Keats’ Endymion: An Eternal Beauty
A Thing of Beauty is a poem written by the famous romantic poet, John Keats. The poem tells about how nature and its wonder mesmerize us and take away all the sorrow that surrounds us from time to time. This poem is an excerpt from Keats’s‟ poem Endymion‟.
The poem is based on a classical Greek myth of the love of the Moon Goddess Cynthia, for a young shepherd prince, Endymion. His poem makes use of allegory to signify the quest of the human soul for ideal Beauty.
(An allegory demonstrative form of representation explaining meaning other than the words that are spoken. Allegory communicates its message using symbolic figures, using symbolic representation.) , Endymion stands for the poet as a man, Cynthia for ideal Beauty, and the Moon for the manifestation of Beauty in Nature.
The theme of the poem rests in the opening line of the poem. A beautiful object is treasured in our mind because it provides us with minds and everlasting joy. His happiness never fades into nothingness but multiplies manifold whenever it flashes into our minds.
Endymion is an epic poem in English. This poem by Keats is based on the Greek mythology of Endymion, the shepherd beloved by the moon goddess Selene. We see an elaboration of the original story and the moon Goddess Selene is named “Cynthia”.
Keats’ Endymion: An Eternal Beauty
This poem Endymion’s original romantic ardor with a more universal quest for a self-destroying transcendence in which he might achieve a blissful personal unity with all creation. Endymion in Greek mythology is a story of a handsome youth who spent much of his life sleeping.
There are different views related to Endymion. According to some traditions Endymion was the king of Elis. Several traditions say that he was offered by Zeus to choose anything he might desire and Endymion to remain young for an everlasting sleep.
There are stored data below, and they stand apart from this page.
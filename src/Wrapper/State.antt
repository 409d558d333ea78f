-- ===== src/Wrapper/State.antt =====
-- The state of `Pqfs` in src/fs/wrapper.rs. The lock of the index is held for one operation, so each such
-- operation is one step on the mount; a job holds the lock of its inode from the step that takes it to its end.
use pqfs.Common.{
  ℕ, Bytes, List, [], ◌∷◌, ◌++◌, Bool, true, false, Option, none, some, if◌then◌else◌, ◌==◌, max,
}
use pqfs.Common.Exec.{Exec}
use pqfs.Blocks.Ops.{DataFile}
use pqfs.Backend.{Backend, FilePath, update}
use pqfs.Index.Entry.{Entry}
use pqfs.Index.State.{Inner}
use pqfs.Index.Persist.{Mount}
use pqfs.Ops.Data.{ℤ}
use pqfs.Ops.Attrs.{SetAttr}

-- What a job does to a data file, and then to the entry.
pub data Change : Type 0 where
  write : ℤ → Bytes → Change
  truncate : ℕ → SetAttr → Change

-- A job of the queue. A read carries the entry that its request found.
pub data Job : Type 0 where
  read : ℕ → Entry → ℤ → ℕ → Job
  change : ℕ → Change → Job

-- How far a worker is with its job: it waits for the inode's lock; it holds it for reading; it holds it for
-- writing, with the entry that it found, then also with the content key and the size that
-- are to be committed.
pub data Task : Type 0 where
  waiting : Job → Task
  reading : ℕ → Entry → ℤ → ℕ → Task
  changing : ℕ → Entry → Change → Task
  changed : ℕ → Entry → Change → Bytes × ℕ → Task

pub record Pqfs : Type 0 where
  pub mount : Mount
  -- whether `job_tx` is there
  pub is_open : Bool
  pub queue : List Job
  pub thread_count : ℕ
  -- the job of each worker
  pub workers : ℕ → Option Task

-- `Pqfs::new`, with what `available_parallelism` gives, if it does
unfoldable pub new : Inner → Option ℕ → Backend → Pqfs
new inner parallelism backend = record {
  mount = record { inner = inner; backend = backend };
  is_open = true;
  queue = [];
  thread_count = max (elim parallelism [ none ↦ 2 | some n ↦ n ]) 2;
  workers = λ w. none;
}

unfoldable pub spawn_job : Job → Pqfs → Pqfs
spawn_job job fs = if fs.is_open then record fs { queue = fs.queue ++ job ∷ [] } else fs

unfoldable pub assign : ℕ → Option Task → (ℕ → Option Task) → ℕ → Option Task
assign w task workers v = if w == v then task else workers v

-- An operation under the lock of the index.
abbrev pub on_mount : {A : Type 0} → Exec Mount A → Exec Pqfs A
on_mount m fs = let (r, mount) = m fs.mount in (r, record fs { mount = mount })

-- An operation on the data file of an inode, in place. Its writes do not count against `power`.
abbrev pub on_data : {A : Type 0} → ℕ → Exec DataFile A → Exec Mount A
on_data ino m s =
    let path = FilePath.data_file ino in
    let (r, file) = m (record { contents = (s.backend).files path; draws = (s.backend).draws }) in
    (
      r,
      record s {
        backend = record (s.backend) {
          files = update (s.backend).files path file.contents;
          draws = file.draws;
        };
      },
    )

-- The guard of an inode's lock that a task holds: none, one for reading, or the one for writing.
unfoldable pub has_read_guard : ℕ → Option Task → Bool
has_read_guard ino (some (Task.reading i e offset size)) = i == ino
has_read_guard ino _ = false

unfoldable pub has_write_guard : ℕ → Option Task → Bool
has_write_guard ino (some (Task.changing i e c)) = i == ino
has_write_guard ino (some (Task.changed i e c result)) = i == ino
has_write_guard ino _ = false
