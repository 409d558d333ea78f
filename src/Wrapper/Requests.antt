-- ===== src/Wrapper/Requests.antt =====
-- The requests of src/fs/wrapper.rs: `mount`, and the `Filesystem` methods of `Pqfs`. A method that leaves its
-- reply to a job has the result `tt` or `none`. `fsync` and `flush` wait for the inode's lock, which
-- `Wrapper.Steps` has as a premise; whether the disk syncs a file is an argument of them.
use pqfs.Common.{
  ℕ, ◌+◌, Bytes, List, length, Bool, true, false, Option, none, some, Result, ok, err, enoent,
  eisdir, einval, eio, no_volume, if◌then◌else◌, ok_or, or_fail, bail_if, not, Bool-cases,
  Option-cases, inl, inr,
}
use pqfs.Common
use pqfs.Common.SortedMap
use pqfs.Common.Exec.{Exec, ◌>>=◌, ◌>>◌, pure, lift, gets}
use pqfs.Backend.{FilePath, header_file, exists}
use pqfs.Crypto.Primitives.{Primitives}
use pqfs.Crypto.Header.{default_kdf}
use pqfs.Crypto.Keys.{Crypto, HeaderCodec}
use pqfs.Crypto.Volume.Store
use pqfs.Crypto.Volume.Store.{init_with_params}
use pqfs.Commands.Credentials
use pqfs.Commands.Credentials.{World, CredentialArgs, on_backend, identity_file, require_password}
use pqfs.Index.Entry.{Entry, EntryKind}
use pqfs.Index.Names.{FileAttr}
use pqfs.Index.Persist.{IndexCodec, Mount, load, flush_index}
use pqfs.Ops.Data.{ℤ, as_eio}
use pqfs.Ops.Attrs
use pqfs.Ops.Attrs.{SetAttr, apply_setattr}
use pqfs.Ops.Tree
use pqfs.Ops.Tree.{Caller}
use pqfs.Wrapper.State.{Change, Job, Pqfs, new, spawn_job, on_mount}

-- `blocks::sync`, with what opening the data file and syncing it gave; it changes no byte.
unfoldable pub sync : Bool → ℕ → Exec Mount (Unit {0})
sync synced ino m = elim ((m.backend).files (FilePath.data_file ino)) [
  | none ↦ (ok tt, m)
  | some b ↦ (if synced then ok tt else err eio, m)
]

-- What follows a `sync` runs where it stands, or not at all.
pub sync-then :
    (P : Mount → Type 0) (synced : Bool) (ino : ℕ) (next : Exec Mount (Unit {0})) (m : Mount)
    → P m
    → P (next m).1
    → P ((sync synced ino >> next) m).1
unfolding sync
sync-then P synced ino next m h g =
    elim (Option-cases ((m.backend).files (FilePath.data_file ino))) [
      | inl missing ↦ rw (missing, sync) g
      | inr (b, there) ↦ elim (Bool-cases synced) [
        | inl good ↦ rw (there, good, sync) g
        | inr bad ↦ rw (there, bad, sync) h
      ]
    ]

-- The kind of an inode, as a request reads it before it spawns a job.
unfoldable pub kind_of : ℕ → Pqfs → Option EntryKind
kind_of ino fs = elim (SortedMap.get ino ((fs.mount).inner).entries) [
  | none ↦ none
  | some e ↦ some e.kind
]

unfoldable pub read_entry : ℕ → ℤ → ℕ → Entry → Pqfs → Result (Unit {0}) × Pqfs
unfolding spawn_job
read_entry ino offset size e fs = elim e.kind [
  | EntryKind.file ↦ (ok tt, spawn_job (Job.read ino e offset size) fs)
  | EntryKind.dir ↦ (err eisdir, fs)
  | EntryKind.symlink ↦ (err eisdir, fs)
]

unfoldable pub read : ℕ → ℤ → ℕ → Exec Pqfs (Unit {0})
unfolding read_entry
read ino offset size fs = elim (SortedMap.get ino ((fs.mount).inner).entries) [
  | none ↦ (err enoent, fs)
  | some e ↦ read_entry ino offset size e fs
]

unfoldable pub write : ℕ → ℤ → Bytes → Exec Pqfs (Unit {0})
unfolding kind_of spawn_job
write ino offset input fs = elim (kind_of ino fs) [
  | none ↦ (err enoent, fs)
  | some EntryKind.file ↦ (ok tt, spawn_job (Job.change ino (Change.write offset input)) fs)
  | some EntryKind.dir ↦ (err eisdir, fs)
  | some EntryKind.symlink ↦ (err einval, fs)
]

-- The times and the numbers that `setattr` hands to the job.
unfoldable pub resize : ℕ → ℕ → SetAttr → Pqfs → EntryKind → Result (Option FileAttr) × Pqfs
unfolding spawn_job
resize ino size a fs EntryKind.file =
    (ok none, spawn_job (Job.change ino (Change.truncate size a)) fs)
resize ino size a fs _ = (err eisdir, fs)

-- What `libc::statvfs` tells of the backend.
pub record BackingStoreStats : Type 0 where
  pub blocks : ℕ
  pub blocks_free : ℕ
  pub blocks_available : ℕ
  pub files_free : ℕ
  pub block_size : ℕ
  pub fragment_size : ℕ

-- The reply of `statfs`: the statistics, and the number of files.
unfoldable pub statfs : Option BackingStoreStats → Pqfs → Result (BackingStoreStats × ℕ)
statfs stats fs =
    Common.◌>>=◌ (ok_or stats eio)
      λ stats. ok (stats, length ((fs.mount).inner).entries + stats.files_free)

module _ (p : Primitives) (codec : IndexCodec) (crypto : Crypto) where
  -- `setattr` of an entry: without a size it is done at once.
  unfoldable pub setattr_entry :
      ℕ → ℕ → SetAttr → Pqfs → EntryKind → Option ℕ → Result (Option FileAttr) × Pqfs
  unfolding resize
  setattr_entry clock ino a fs kind none =
      on_mount
        (do
          attr ← apply_setattr p crypto codec clock ino (record a { truncated = none })
          pure (some attr))
        fs
  setattr_entry clock ino a fs kind (some size) = resize ino size a fs kind

  unfoldable pub setattr : ℕ → ℕ → Option ℕ → SetAttr → Exec Pqfs (Option FileAttr)
  unfolding kind_of setattr_entry
  setattr clock ino size a fs = elim (kind_of ino fs) [
    | none ↦ (err enoent, fs)
    | some kind ↦ setattr_entry clock ino a fs kind size
  ]

  unfoldable pub create : Caller → ℕ → Bytes → ℕ → Exec Pqfs FileAttr
  create caller parent name mode = on_mount (Tree.create p codec crypto caller parent name mode)

  unfoldable pub mkdir : Caller → ℕ → Bytes → ℕ → Exec Pqfs FileAttr
  mkdir caller parent name mode = on_mount (Tree.mkdir p codec crypto caller parent name mode)

  unfoldable pub symlink : Caller → ℕ → Bytes → Bytes → Exec Pqfs FileAttr
  symlink caller parent link_name target =
      on_mount (Tree.symlink p codec crypto caller parent link_name target)

  unfoldable pub unlink : ℕ → Bytes → Exec Pqfs (Unit {0})
  unlink parent name = on_mount (Tree.unlink p codec crypto parent name)

  unfoldable pub rmdir : ℕ → Bytes → Exec Pqfs (Unit {0})
  rmdir parent name = on_mount (Tree.rmdir p codec crypto parent name)

  unfoldable pub rename : ℕ → ℕ → Bytes → ℕ → Bytes → Exec Pqfs (Unit {0})
  rename clock parent name newparent newname =
      on_mount (Tree.rename p codec crypto clock parent name newparent newname)

  unfoldable pub fsync : Bool → ℕ → Exec Pqfs (Unit {0})
  unfolding sync
  fsync synced ino = on_mount (sync synced ino >> as_eio (flush_index p codec crypto))

  unfoldable pub fsyncdir : Exec Pqfs (Unit {0})
  fsyncdir = on_mount (as_eio (flush_index p codec crypto))

  unfoldable pub flush : Bool → ℕ → Exec Pqfs (Unit {0})
  unfolding sync
  flush synced ino = on_mount (sync synced ino >> as_eio (flush_index p codec crypto))

  -- `drop` up to the closing of the queue; the workers then drain it. A failure is logged.
  unfoldable pub close : Pqfs → Pqfs
  close fs = record fs { mount = (flush_index p codec crypto fs.mount).1; is_open = false }

  -- The methods that only read the index.
  abbrev pub lookup : ℕ → Bytes → Pqfs → Result FileAttr
  lookup parent name fs = Attrs.lookup p crypto parent name (fs.mount).inner

  abbrev pub getattr : ℕ → Pqfs → Result FileAttr
  getattr ino fs = Attrs.getattr ino (fs.mount).inner

  abbrev pub readdir : ℕ → ℕ → Pqfs → Result (List (ℕ × EntryKind × Bytes))
  readdir ino offset fs = Attrs.readdir p crypto ino offset (fs.mount).inner

  abbrev pub open_ino : ℕ → Pqfs → Result (Unit {0})
  open_ino ino fs = Attrs.open_ino ino (fs.mount).inner

  abbrev pub readlink : ℕ → Pqfs → Result Bytes
  readlink ino fs = Attrs.readlink p crypto ino (fs.mount).inner

-- `Pqfs::mount`, up to the session with the kernel.
module _ (p : Primitives) (header_codec : HeaderCodec) (codec : IndexCodec) where
  -- The keys: of the volume that is there, or of a new one.
  unfoldable pub open_or_init : Bool → CredentialArgs → Exec World Crypto
  open_or_init init credential = do
    header_exists ← gets (λ w. exists header_file w.backend)
    identity ← identity_file credential
    (λ w.
        if header_exists
        then (do
          key ← lift (Credentials.unlock credential identity)
          on_backend (Store.unlock p header_codec key))
            w
        else if init
        then (do
          word ← lift (require_password credential)
          on_backend (init_with_params p header_codec word default_kdf))
            w
        else (err no_volume, w))

  unfoldable pub mount : Caller → Option ℕ → Bool → CredentialArgs → Exec World (Crypto × Pqfs)
  unfolding new
  mount caller parallelism init credential = do
    crypto ← open_or_init init credential
    inner ← on_backend (load p codec caller.clock caller.uid caller.gid crypto)
    gets (λ w. (crypto, new inner parallelism w.backend))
While some tradition says Endymion’s eternal sleep was a punishment given by Zeus because Endymion fell in love with Zeus’s wife Hera. Selene was deeply in love with Endymion, some say Selene had cursed Endymion into everlasting sleep so that she can enjoy him all by herself. Selene’s love for Endymion made her visit him every night while he was asleep.
But in the poem Keats, emphasizes Endymion’s love for Diana rather than hers for him. Keats transformed this tale into prose to express the loves that have been felt on imaginative longings. This theme of love is determined in the adventure of the Endymion quest by Diana. In the search for Diana, Endymion falls in love with an earthly maiden. But in the end, Diana and the earthly maid, turn out to be the same.
Keats describes a thing of beauty as emanating joy forever. Beauty only increases and it will never cease. The benefits proffered by a thing of beauty are listed as giving sound rest with good dreams and well-being. The earth minus the beautiful things is a despondent, spiteful place thriving in callous insensitive dearth and is harsh toward human beings.
Every day human beings face gloomy days packed with unhealthy spite and darkness. However, despite all this, a thing of beauty helps remove the dark cloud that burdens our souls. Hence, the poet says that we – human beings – each day create an ornate band, made of all the lovely things we see. This band keeps us bound to the despondent earth – as we would otherwise be hopeless.
This closing paragraph simply tells us some of the beautiful things on Earth. After all, beauty lies in the eyes of the beholder – Everyone can highlight something beautiful in anything. The examples cited by the poet are as such: the sun, the moon, trees, flowers, streams, musk-rose blooms, architectural sepulchers, even fairy tales or and heroic legends.
The ‘simple sheep’ are human beings – the poet sympathizes with the innocence of human beings. Keats sees the beauty in innocent humans seeking solace in nature, and Mother Nature in its way sprouts a shade of relief and consolation. The expression „Lily of the valley‟ is quite well known and rouses images of a delicate lone white flower holding up its head amidst a setting of thorns and barbs and everything contrary in nature to delicateness – so too are the daffodils mentioned in the poem.
The poet also sees beauty in the death of martyrs and legends. ‘The mighty dead’ are those martyrs who have died bravely for a cause. We honor them by erecting magnificent, grand sepulchers in which beauty is seen. If one looks around, there are innumerable beautiful things to notice – they seem to flow immortally as a fountain, from the gods above to help the pitiable human beings to cope with the harshness of life.